Every week Comic Culture hosts Chris Owen and Walter Durajlija talk the comic book talk.
So kick back, relax and enjoy this week’s Comic Culture.
Oh, and please, please make sure you go out and support your local comic book shop.
Comic Culture is written by Walter Durajlija and engineered by Chris Owen.
Enjoy Comic Culture’s May 16th 2018 Edition:
The business model discussion was very interesting, but also it is interesting that a fairly hooked-in industry participant is just speculating on the reasons for pricing decisions. That DC doesn’t try to explain its pricing to dealers is peculiar, especially given your straightforward dissection of why comic book sales cannot be a meaningful profit-making activity for Time Warner yet is critical to their far larger entertainment and licensing.
Let’s just throw out some numbers: if DC sells one million comics a month at retail $3 and just breaks even (and let’s assume a dealer markup of 50% – you can tell me if that’s about right), that works out to a total cost of $18 million per year – maybe 5% of the domestic revenue from a reasonably performing movie based on the characters. In that case, why don’t they just give the comics away, as this would lead to the widest distribution and support of the much larger follow-on activities?
One answer is that if they gave them away (or charged a nominal cost to make sure only real readers would take the books) the demand would increase, and so would the variable costs. This suggests another answer – the cost structure is already inverted and DC already doesn’t cover its costs by a wide margin. If most of the costs are variable rather than fixed (paper, ink, distribution, etc.), raising the cost will further lower demand (as you have discussed), and so bring the net closer to breakeven by both increasing per unit cost and reducing the number of units sold. In that case, DC is and will still be running the comic publishing business as a money loser, but they have set a ceiling on this loss, and the price increase will keep them below the ceiling.
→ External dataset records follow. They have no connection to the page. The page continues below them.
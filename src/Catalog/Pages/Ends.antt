-- ===== src/Catalog/Pages/Ends.antt =====
-- The evaluation ends when the catalog's cursors advance.
use mathlib.Core.Path.{subst}
use mujeeb24_backend_go.Common.{
  length, ℕ, zero, suc, ◌<◌, String, ◌==◌, ◌≡◌, refl, ◌≢◌, Bool, true, false, ◌||◌, List, ◌∷◌,
  Result, ok, err, arith, In, if◌then◌else◌,
}
use mujeeb24_backend_go.Common.Text.{trim_space}
use mujeeb24_backend_go.Catalog.Projection.{CatalogAiItem, CatalogAiProjection}
use mujeeb24_backend_go.Catalog.Session.{
  perform, coverage_incomplete, catalog_changed_during_final, catalog_changed_during_evaluation,
  CatalogError, CatalogPage, CatalogEvaluationInput, Call, Session, Controller, ◌>>=◌, ◌>>◌, pure,
  fail, cursor_did_not_advance, out_of_fuel, get_revision, bind_case, perform_case,
  list_projection_page,
}
use mujeeb24_backend_go.Catalog.Batches.{coverage_complete, count_completed}
use mujeeb24_backend_go.Catalog.Final.{run_final_evaluation}
use mujeeb24_backend_go.Catalog.Final.Outcome.{FinalFailure, FinalResult}
use mujeeb24_backend_go.Catalog.Final.Answer.{selected, run_final_evaluation_lem}
use mujeeb24_backend_go.Catalog.Final.Reduce.{IsBatchError}
use mujeeb24_backend_go.Catalog.Pages.{
  confirm, Progress, start_progress, page_request, read_page, advance, read_pages, read_revision,
  check_coverage, after_pages, after_revision, run_paged_catalog_evaluation,
}
use mujeeb24_backend_go.Catalog.Pages.Loop.{OnPage, IsSound, Read, read_page-Read}
use mujeeb24_backend_go.Catalog.Pages.Fresh.{start-IsSound}

pub IsBatchError-ends : (e : CatalogError) → IsBatchError e → e ≢ out_of_fuel
IsBatchError-ends e b = λ p. subst IsBatchError p b

module _ {Context Contract Usage Decision : Type 0} (c : Controller Context Contract Usage Decision)
    (input : CatalogEvaluationInput Context Contract) (rank : String → ℕ) where
  -- The cursor of a next page comes before the one it was read with, for some measure of cursors.
  abbrev pub CursorsAdvance : Type 0
  CursorsAdvance =
      (cursor : String) (h : List (Call Context Contract Usage)) (page : CatalogPage)
      → c.page (page_request input.business_id input.catalog_scope cursor) h ≡ ok page
      → page.has_more ≡ true
      → rank page.next_cursor < rank cursor

  abbrev pub Ends :
      {A : Type 0} → Result CatalogError A × List (Call Context Contract Usage) → Type 0
  Ends (ok s, k) = Unit
  Ends (err e, k) = e ≢ out_of_fuel

  advance-Ends :
      (page : CatalogPage) (cursor : String) (rest : Session (Call Context Contract Usage) Progress)
      (s : Progress) (h : List (Call Context Contract Usage))
      → (page.has_more ≡ true → Ends (rest h))
      → Ends (advance c input page cursor rest s h)
  unfolding advance
  advance-Ends page cursor rest s h more =
      by_tests page.has_more ((trim_space page.next_cursor == "") || (page.next_cursor == cursor))
        more
    where
      by_tests :
          (more_pages stuck : Bool)
          → (more_pages ≡ true → Ends (rest h))
          → Ends (
              (if more_pages then (if stuck then fail cursor_did_not_advance else rest) else pure s)
                h)
      by_tests true true m = λ e. cc
      by_tests true false m = m refl
      by_tests false stuck m = tt

  read_pages-Ends :
      CursorsAdvance
      → (fuel : ℕ) (cursor : String) (s : Progress) (h : List (Call Context Contract Usage))
      → rank cursor < fuel
      → IsSound c input s
      → Ends (read_pages c input fuel cursor s h)
  unfolding read_pages
  read_pages-Ends advancing zero cursor s h enough sound = absurd (omega arith)
  read_pages-Ends advancing (suc fuel) cursor s h enough sound =
      let request = page_request input.business_id input.catalog_scope cursor in
      perform_case (list_projection_page request) (c.page request)
        (λ page. read_page c input page.projection.items page.projection s >>= λ s'.
          advance c input page cursor (read_pages c input fuel page.next_cursor s') s')
        h Ends (λ x e. λ p. cc)
        (λ page e.
          let there : (x : CatalogAiItem) → In x page.projection.items → OnPage c input x =
            λ x i. (cursor, h, page, e, i) in
          bind_case (read_page c input page.projection.items page.projection s)
            (λ s'. advance c input page cursor (read_pages c input fuel page.next_cursor s') s')
            (list_projection_page request ∷ h) Ends
            (λ x k e'. IsBatchError-ends x (
              subst (Read c input) e'
                (read_page-Read c input page.projection.items page.projection s _ there sound)))
            (λ s' k e'.
              advance-Ends page cursor (read_pages c input fuel page.next_cursor s') s' k (λ more.
                read_pages-Ends advancing fuel page.next_cursor s' k
                  (omega (arith, advancing cursor h page e more))
                  (subst (Read c input) e' (
                    read_page-Read c input page.projection.items page.projection s _ there
                      sound)))))

  Ends-if :
      {A : Type 0} (b : Bool) (m n : Session (Call Context Contract Usage) A)
      (h : List (Call Context Contract Usage))
      → Ends (m h)
      → Ends (n h)
      → Ends ((if b then m else n) h)
  Ends-if true m n h p q = p
  Ends-if false m n h p q = q

  Ends-perform :
      {A B : Type 0} (call : Call Context Contract Usage)
      (answer : List (Call Context Contract Usage) → Result String A)
      (f : A → Session (Call Context Contract Usage) B) (h : List (Call Context Contract Usage))
      → ((a : A) (k : List (Call Context Contract Usage)) → Ends (f a k))
      → Ends ((perform call answer >>= f) h)
  Ends-perform call answer f h rest =
      perform_case call answer f h Ends (λ x e. λ p. cc) (λ a e. rest a (call ∷ h))

  FinalFailure-ends :
      (source : CatalogAiProjection) (e : CatalogError)
      → FinalFailure c input 0 source e
      → e ≢ out_of_fuel
  FinalFailure-ends source e b = λ p. subst (FinalFailure c input 0 source) p b

  confirm-Ends :
      (r : String) (result : Decision × CatalogAiProjection)
      (h : List (Call Context Contract Usage))
      → Ends (confirm c input r result h)
  unfolding confirm read_revision
  confirm-Ends r result h =
      Ends-perform (get_revision input.business_id) (c.revision input.business_id)
        (λ s. if s == r then pure result else fail catalog_changed_during_final) h
        (λ s k. Ends-if (s == r) (pure result) (fail catalog_changed_during_final) k tt (λ p. cc))

  after_pages-Ends :
      (r : String) (s : Progress) (h : List (Call Context Contract Usage))
      → Ends (after_pages c input r s h)
  unfolding after_pages read_revision
  after_pages-Ends r s h =
      let final_run =
        run_final_evaluation c input s.candidate_set s.candidate_projection s.next_batch_number in
      Ends-perform (get_revision input.business_id) (c.revision input.business_id)
        (λ t.
          if t == r
          then (final_run >>= confirm c input r)
          else fail catalog_changed_during_evaluation)
        h
        (λ t k.
          Ends-if (t == r) (final_run >>= confirm c input r)
            (fail catalog_changed_during_evaluation) k
            (bind_case final_run (confirm c input r) k Ends
              (λ x j e.
                FinalFailure-ends (selected c input s.candidate_set s.candidate_projection) x (
                  subst
                    (λ o.
                      FinalResult c input 0
                        (selected c input s.candidate_set s.candidate_projection) o.0)
                    e
                    (run_final_evaluation_lem c input s.candidate_set s.candidate_projection
                      s.next_batch_number k).0))
              (λ result j e. confirm-Ends r result j))
            (λ p. cc))

  check_coverage-Ends :
      (s : Progress) (h : List (Call Context Contract Usage)) → Ends (check_coverage c input s h)
  unfolding check_coverage
  check_coverage-Ends s h =
      Ends-if (coverage_complete s.batch_records) (pure tt)
        (fail (coverage_incomplete (count_completed s.batch_records) (length s.batch_records))) h tt
        (λ p. cc)

  -- When the cursors of the catalog's pages advance, the evaluation ends: it reads no more pages
  -- than the measure of the first cursor and one, so it never runs out of that much fuel.
  pub run_paged_catalog_evaluation-Ends :
      CursorsAdvance
      → (fuel : ℕ) (h : List (Call Context Contract Usage)) → rank "" < fuel
      → Ends (run_paged_catalog_evaluation c input fuel h)
  unfolding run_paged_catalog_evaluation read_revision after_revision check_coverage
  run_paged_catalog_evaluation-Ends advancing fuel h enough =
      Ends-perform (get_revision input.business_id) (c.revision input.business_id)
        (after_revision c input fuel) h
        (λ r k.
          bind_case (read_pages c input fuel "" start_progress)
            (λ s. check_coverage c input s >> after_pages c input r s) k Ends
            (λ x j e.
              subst Ends e
                (read_pages-Ends advancing fuel "" start_progress k enough (start-IsSound c input)))
            (λ s j e.
              bind_case (check_coverage c input s) (λ u. after_pages c input r s) j Ends
                (λ x i e'. subst Ends e' (check_coverage-Ends s j))
                (λ u i e'. after_pages-Ends r s i)))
So imagine that it actually costs DC $5 per comic sold. Currently this is an annual cost of $60 million. The price increase will drop this in two ways – by decreasing the cost per comic to $4 and decreasing the readership. Following Walt’s fixed budget example, imagine the number of books sold decreases by 30% (and ignore the implied additional unit cost). Then DC’s annual cost drops to 700k * $4 * 12 = $34 million.
The downside for DC is reduced distribution and visibility – but already this is very low, and the cost increases will force out the marginal buyers rather that the core aficionados (who are the real targets). Using Walt’s terminology, what is really going on here is R&D, as well as marketing. By the argument above, DC’s R&D and marketing (via new comic publishing) budget would be about $50 million, and the price increase keeps it within this budget. (That number seems to high to me, but it’s just an example calculation.)
There is another aspect that might play into this, which is luxury marketing. Clearly at these prices comics are something of a “consumer luxury” (you can have lunch for the cost of one comic). It could be that there is a perception that DC books aren’t “as good as” Marvel’s simply because of the lower price. (Note that the “bargain” comics are always pitched to little kids, even though almost all of the variable costs are the same.) If the purpose of comic publishing these days is a combination of R&D and marketing, you don’t want to be perceived to be marketing a “low end” superhero. “DC charges less than Marvel because its not as popular” is not a sentiment that DC wants circulating in front of its movie releases or merchandising deals. The core comic buyer is the tip of the iceberg these days, but as in the case of the iceberg, they are the visible word-of-mouth marketing presence in front of all of the real money-making, so they need to be carefully managed.
Thanks Chris, you hit on some excellent points in your analysis.